::: Input data

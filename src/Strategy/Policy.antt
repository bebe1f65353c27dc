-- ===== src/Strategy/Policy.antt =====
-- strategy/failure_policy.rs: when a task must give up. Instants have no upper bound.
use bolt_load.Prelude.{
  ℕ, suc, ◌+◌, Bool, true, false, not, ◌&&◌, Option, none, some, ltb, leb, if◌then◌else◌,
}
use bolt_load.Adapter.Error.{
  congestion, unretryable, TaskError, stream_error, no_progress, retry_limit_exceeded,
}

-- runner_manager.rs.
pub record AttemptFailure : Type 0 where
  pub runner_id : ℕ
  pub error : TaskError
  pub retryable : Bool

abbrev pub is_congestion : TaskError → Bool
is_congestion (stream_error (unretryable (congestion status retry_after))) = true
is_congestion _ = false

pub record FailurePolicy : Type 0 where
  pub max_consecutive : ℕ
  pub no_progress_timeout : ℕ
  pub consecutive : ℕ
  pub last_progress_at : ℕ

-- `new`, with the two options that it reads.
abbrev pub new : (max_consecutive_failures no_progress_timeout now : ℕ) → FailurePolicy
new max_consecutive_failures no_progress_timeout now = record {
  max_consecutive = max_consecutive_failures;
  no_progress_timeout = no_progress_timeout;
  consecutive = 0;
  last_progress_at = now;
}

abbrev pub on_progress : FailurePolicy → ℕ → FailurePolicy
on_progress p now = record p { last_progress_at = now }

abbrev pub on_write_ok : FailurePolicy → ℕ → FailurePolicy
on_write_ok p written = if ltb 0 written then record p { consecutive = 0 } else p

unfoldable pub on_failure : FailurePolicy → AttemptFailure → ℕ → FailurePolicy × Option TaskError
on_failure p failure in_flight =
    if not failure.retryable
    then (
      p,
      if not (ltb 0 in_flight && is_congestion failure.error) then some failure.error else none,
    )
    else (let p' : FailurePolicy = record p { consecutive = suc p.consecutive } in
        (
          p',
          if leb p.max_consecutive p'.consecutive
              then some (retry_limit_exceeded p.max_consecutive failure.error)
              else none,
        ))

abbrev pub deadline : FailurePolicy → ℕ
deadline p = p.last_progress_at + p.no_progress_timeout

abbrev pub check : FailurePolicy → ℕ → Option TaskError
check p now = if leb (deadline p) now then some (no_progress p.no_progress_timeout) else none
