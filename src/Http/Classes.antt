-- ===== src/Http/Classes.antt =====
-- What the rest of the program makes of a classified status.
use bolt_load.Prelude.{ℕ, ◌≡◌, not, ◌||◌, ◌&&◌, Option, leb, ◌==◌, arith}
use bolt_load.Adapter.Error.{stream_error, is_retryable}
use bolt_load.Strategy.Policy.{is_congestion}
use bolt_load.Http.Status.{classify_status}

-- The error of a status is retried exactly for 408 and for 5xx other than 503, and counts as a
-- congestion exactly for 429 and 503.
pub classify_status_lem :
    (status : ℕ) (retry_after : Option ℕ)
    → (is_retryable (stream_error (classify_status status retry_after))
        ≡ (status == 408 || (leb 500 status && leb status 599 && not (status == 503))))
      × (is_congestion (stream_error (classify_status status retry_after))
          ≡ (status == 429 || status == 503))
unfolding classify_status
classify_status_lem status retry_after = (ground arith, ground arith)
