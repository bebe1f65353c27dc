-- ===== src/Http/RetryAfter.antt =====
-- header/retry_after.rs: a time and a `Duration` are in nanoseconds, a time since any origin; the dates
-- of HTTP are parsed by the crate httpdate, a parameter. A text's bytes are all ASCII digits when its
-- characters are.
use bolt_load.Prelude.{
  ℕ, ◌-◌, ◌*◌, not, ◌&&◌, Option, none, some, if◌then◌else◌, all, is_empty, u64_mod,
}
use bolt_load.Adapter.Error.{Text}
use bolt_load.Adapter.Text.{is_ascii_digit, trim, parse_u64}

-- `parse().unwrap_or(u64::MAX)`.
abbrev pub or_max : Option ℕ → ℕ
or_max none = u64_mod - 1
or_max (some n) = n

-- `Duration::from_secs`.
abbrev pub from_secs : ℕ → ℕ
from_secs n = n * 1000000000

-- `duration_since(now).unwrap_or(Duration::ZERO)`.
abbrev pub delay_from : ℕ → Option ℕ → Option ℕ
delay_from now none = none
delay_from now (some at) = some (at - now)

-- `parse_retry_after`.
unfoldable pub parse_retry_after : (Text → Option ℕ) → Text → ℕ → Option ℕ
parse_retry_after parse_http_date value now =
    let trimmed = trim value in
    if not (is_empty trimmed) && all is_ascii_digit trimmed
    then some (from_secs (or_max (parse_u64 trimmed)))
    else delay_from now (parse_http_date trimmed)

::::::
::: Input data

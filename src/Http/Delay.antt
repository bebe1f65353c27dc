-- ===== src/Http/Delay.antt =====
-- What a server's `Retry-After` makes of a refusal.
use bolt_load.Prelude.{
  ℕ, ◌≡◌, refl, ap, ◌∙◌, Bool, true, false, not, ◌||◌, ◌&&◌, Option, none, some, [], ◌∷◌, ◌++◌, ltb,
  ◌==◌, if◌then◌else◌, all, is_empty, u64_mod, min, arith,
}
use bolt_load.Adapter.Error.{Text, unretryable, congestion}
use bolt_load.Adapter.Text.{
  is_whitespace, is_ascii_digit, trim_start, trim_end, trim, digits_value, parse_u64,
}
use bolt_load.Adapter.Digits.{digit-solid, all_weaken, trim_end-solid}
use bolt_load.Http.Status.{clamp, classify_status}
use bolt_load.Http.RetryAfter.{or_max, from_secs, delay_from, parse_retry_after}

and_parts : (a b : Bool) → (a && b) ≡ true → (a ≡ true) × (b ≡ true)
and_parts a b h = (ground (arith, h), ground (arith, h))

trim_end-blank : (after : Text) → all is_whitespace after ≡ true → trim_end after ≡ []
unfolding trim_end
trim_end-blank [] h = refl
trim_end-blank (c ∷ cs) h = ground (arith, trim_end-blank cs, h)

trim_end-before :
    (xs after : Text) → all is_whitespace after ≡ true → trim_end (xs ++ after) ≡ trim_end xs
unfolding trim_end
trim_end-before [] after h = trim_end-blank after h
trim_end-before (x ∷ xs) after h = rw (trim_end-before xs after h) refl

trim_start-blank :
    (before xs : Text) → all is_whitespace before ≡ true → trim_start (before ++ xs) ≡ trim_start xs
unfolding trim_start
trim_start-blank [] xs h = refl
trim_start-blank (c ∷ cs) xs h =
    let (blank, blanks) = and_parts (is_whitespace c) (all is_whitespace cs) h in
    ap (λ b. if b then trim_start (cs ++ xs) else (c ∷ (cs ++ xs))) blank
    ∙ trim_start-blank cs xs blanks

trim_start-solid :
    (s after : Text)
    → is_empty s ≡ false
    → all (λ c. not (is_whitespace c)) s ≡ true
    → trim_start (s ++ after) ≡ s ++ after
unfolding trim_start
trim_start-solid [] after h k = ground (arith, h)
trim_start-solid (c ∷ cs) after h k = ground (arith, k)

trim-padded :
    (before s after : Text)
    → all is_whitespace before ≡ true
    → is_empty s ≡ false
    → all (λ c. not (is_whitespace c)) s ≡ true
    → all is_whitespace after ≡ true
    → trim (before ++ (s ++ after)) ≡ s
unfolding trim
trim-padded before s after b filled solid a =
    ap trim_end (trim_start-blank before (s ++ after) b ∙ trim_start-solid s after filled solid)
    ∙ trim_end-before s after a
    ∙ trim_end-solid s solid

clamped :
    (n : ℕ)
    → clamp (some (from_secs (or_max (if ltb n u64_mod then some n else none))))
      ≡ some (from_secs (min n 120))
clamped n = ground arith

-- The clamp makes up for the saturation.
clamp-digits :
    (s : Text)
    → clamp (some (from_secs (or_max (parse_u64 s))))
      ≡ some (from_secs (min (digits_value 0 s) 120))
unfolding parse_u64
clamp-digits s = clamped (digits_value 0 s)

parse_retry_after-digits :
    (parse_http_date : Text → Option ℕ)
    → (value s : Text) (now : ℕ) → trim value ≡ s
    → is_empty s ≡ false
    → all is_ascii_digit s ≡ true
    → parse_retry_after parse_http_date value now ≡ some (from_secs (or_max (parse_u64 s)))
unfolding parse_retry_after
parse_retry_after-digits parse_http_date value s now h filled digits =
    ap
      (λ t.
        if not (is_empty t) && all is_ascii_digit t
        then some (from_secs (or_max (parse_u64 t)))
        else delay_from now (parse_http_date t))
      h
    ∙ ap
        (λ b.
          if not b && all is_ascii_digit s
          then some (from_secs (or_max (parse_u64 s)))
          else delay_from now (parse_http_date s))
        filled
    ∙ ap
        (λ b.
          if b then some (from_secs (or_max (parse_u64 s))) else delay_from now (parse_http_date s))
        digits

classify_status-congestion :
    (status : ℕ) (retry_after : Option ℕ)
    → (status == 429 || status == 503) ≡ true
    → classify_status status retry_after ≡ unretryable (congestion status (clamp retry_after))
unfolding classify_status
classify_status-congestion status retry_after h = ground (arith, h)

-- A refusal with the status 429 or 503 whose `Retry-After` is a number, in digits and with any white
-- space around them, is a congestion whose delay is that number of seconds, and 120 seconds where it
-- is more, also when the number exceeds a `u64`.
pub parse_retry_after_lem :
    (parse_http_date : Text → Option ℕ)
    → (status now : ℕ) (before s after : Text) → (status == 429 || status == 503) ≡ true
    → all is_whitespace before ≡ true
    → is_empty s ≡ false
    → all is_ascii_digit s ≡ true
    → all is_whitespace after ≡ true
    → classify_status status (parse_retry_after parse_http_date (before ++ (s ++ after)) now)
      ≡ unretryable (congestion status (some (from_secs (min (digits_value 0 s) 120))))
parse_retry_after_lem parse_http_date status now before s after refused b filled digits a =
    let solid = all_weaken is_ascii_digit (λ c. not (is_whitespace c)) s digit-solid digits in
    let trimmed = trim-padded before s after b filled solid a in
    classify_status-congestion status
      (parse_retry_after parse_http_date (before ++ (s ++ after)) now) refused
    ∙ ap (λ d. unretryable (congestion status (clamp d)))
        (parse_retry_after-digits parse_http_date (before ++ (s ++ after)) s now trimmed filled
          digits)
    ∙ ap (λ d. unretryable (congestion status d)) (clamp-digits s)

::::::

Word for word, restate the lines of the data above that fall between the line holding "filename src/Strategy/Policy.antt" and the line holding "-- ===== src/Http/Classes.antt", inclusive, and no other lines.

filename src/Strategy/Policy.antt
repository bebe1f65353c27dc
-- ===== src/Strategy/Policy.antt =====
-- strategy/failure_policy.rs: when a task must give up. Instants have no upper bound.
use bolt_load.Prelude.{
  ℕ, suc, ◌+◌, Bool, true, false, not, ◌&&◌, Option, none, some, ltb, leb, if◌then◌else◌,
}
use bolt_load.Adapter.Error.{
  congestion, unretryable, TaskError, stream_error, no_progress, retry_limit_exceeded,
}

-- runner_manager.rs.
pub record AttemptFailure : Type 0 where
  pub runner_id : ℕ
  pub error : TaskError
  pub retryable : Bool

abbrev pub is_congestion : TaskError → Bool
is_congestion (stream_error (unretryable (congestion status retry_after))) = true
is_congestion _ = false

pub record FailurePolicy : Type 0 where
  pub max_consecutive : ℕ
  pub no_progress_timeout : ℕ
  pub consecutive : ℕ
  pub last_progress_at : ℕ

-- `new`, with the two options that it reads.
abbrev pub new : (max_consecutive_failures no_progress_timeout now : ℕ) → FailurePolicy
new max_consecutive_failures no_progress_timeout now = record {
  max_consecutive = max_consecutive_failures;
  no_progress_timeout = no_progress_timeout;
  consecutive = 0;
  last_progress_at = now;
}

abbrev pub on_progress : FailurePolicy → ℕ → FailurePolicy
on_progress p now = record p { last_progress_at = now }

abbrev pub on_write_ok : FailurePolicy → ℕ → FailurePolicy
on_write_ok p written = if ltb 0 written then record p { consecutive = 0 } else p

unfoldable pub on_failure : FailurePolicy → AttemptFailure → ℕ → FailurePolicy × Option TaskError
on_failure p failure in_flight =
    if not failure.retryable
    then (
      p,
      if not (ltb 0 in_flight && is_congestion failure.error) then some failure.error else none,
    )
    else (let p' : FailurePolicy = record p { consecutive = suc p.consecutive } in
        (
          p',
          if leb p.max_consecutive p'.consecutive
              then some (retry_limit_exceeded p.max_consecutive failure.error)
              else none,
        ))

abbrev pub deadline : FailurePolicy → ℕ
deadline p = p.last_progress_at + p.no_progress_timeout

abbrev pub check : FailurePolicy → ℕ → Option TaskError
check p now = if leb (deadline p) now then some (no_progress p.no_progress_timeout) else none
filename src/Http/Classes.antt
-- ===== src/Http/Classes.antt =====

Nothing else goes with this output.